**Task item**: Copy out once more, exactly, the line with "n) s ≡ err e" and all the lines after it, up to the last line of the data.

━━━ Data

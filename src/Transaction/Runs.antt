-- ===== src/Transaction/Runs.antt =====
-- Runs of transaction bodies that return: one equation for each way to build a body.
use heritage_philippines_v.Prelude.{◌≡◌, refl, Bool, true, false, Option, none, some}
use heritage_philippines_v.Transaction.Core.{
  Failure, Tx, ok, err, domain, gets, require, or_throw, or_else, ◌>>=◌, ◌>>◌,
}

module _ {S E A B : Type 0} where
  pub run_bind :
      (m : Tx S E A) (k : A → Tx S E B) {s t : S} {a : A} → m s ≡ ok (a, t) → (m >>= k) s ≡ k a t
  unfolding ◌>>=◌
  run_bind m k e = rw e refl

  pub run_fail :
      (m : Tx S E A) (k : A → Tx S E B) {s : S} {e : Failure E} → m s ≡ err e → (m >>= k) s ≡ err e
  unfolding ◌>>=◌
  run_fail m k h = rw h refl

  pub run_gets : (f : S → A) (k : A → Tx S E B) (s : S) → (gets f >>= k) s ≡ k (f s) s
  unfolding ◌>>=◌
  run_gets f k s = refl

  pub run_or_throw :
      {o : Option A} (a : A) (e : E) (k : A → Tx S E B) (s : S)
      → o ≡ some a
      → (or_throw o e >>= k) s ≡ k a s
  unfolding ◌>>=◌
  run_or_throw a e k s h = rw h refl

  pub run_missing :
      {o : Option A} (e : E) (k : A → Tx S E B) (s : S)
      → o ≡ none
      → (or_throw o e >>= k) s ≡ err (domain e)
  unfolding ◌>>=◌
  run_missing e k s h = rw h refl

module _ {S E B : Type 0} where
  pub run_then :
      (m : Tx S E (Unit {0})) (n : Tx S E B) {s t : S} → m s ≡ ok (tt, t) → (m >> n) s ≡ n t
  unfolding ◌>>◌
  run_then m n e = rw e refl

  pub run_then_fail :
      (m : Tx S E (Unit {0})) (n : Tx S E B) {s : S} {e : Failure E}
      → m s ≡ err e
      → (m >> n) s ≡ err e
  unfolding ◌>>◌
  run_then_fail m n h = rw h refl

  pub run_require :
      {b : Bool} (e : E) (m : Tx S E B) (s : S) → b ≡ true → (require b e >> m) s ≡ m s
  unfolding ◌>>◌
  run_require e m s h = rw h refl

  pub run_refuse :
      {b : Bool} (e : E) (m : Tx S E B) (s : S) → b ≡ false → (require b e >> m) s ≡ err (domain e)
  unfolding ◌>>◌
  run_refuse e m s h = rw h refl

  pub run_or_else : {o : Option B} (m : Tx S E B) (s : S) → o ≡ none → or_else o m s ≡ m s
  unfolding or_else
  run_or_else m s h = rw h refl

  pub run_some :
      {o : Option B} (b : B) (m : Tx S E B) (s : S) → o ≡ some b → or_else o m s ≡ ok (b, s)
  unfolding or_else
  run_some b m s h = rw h refl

━━━━━━

**Answer to the exercise**:
      → (m >> n) s ≡ err e
  unfolding ◌>>◌
  run_then_fail m n h = rw h refl

  pub run_require :
      {b : Bool} (e : E) (m : Tx S E B) (s : S) → b ≡ true → (require b e >> m) s ≡ m s
  unfolding ◌>>◌
  run_require e m s h = rw h refl

  pub run_refuse :
      {b : Bool} (e : E) (m : Tx S E B) (s : S) → b ≡ false → (require b e >> m) s ≡ err (domain e)
  unfolding ◌>>◌
  run_refuse e m s h = rw h refl

  pub run_or_else : {o : Option B} (m : Tx S E B) (s : S) → o ≡ none → or_else o m s ≡ m s
  unfolding or_else
  run_or_else m s h = rw h refl

  pub run_some :
      {o : Option B} (b : B) (m : Tx S E B) (s : S) → o ≡ some b → or_else o m s ≡ ok (b, s)
  unfolding or_else
  run_some b m s h = rw h refl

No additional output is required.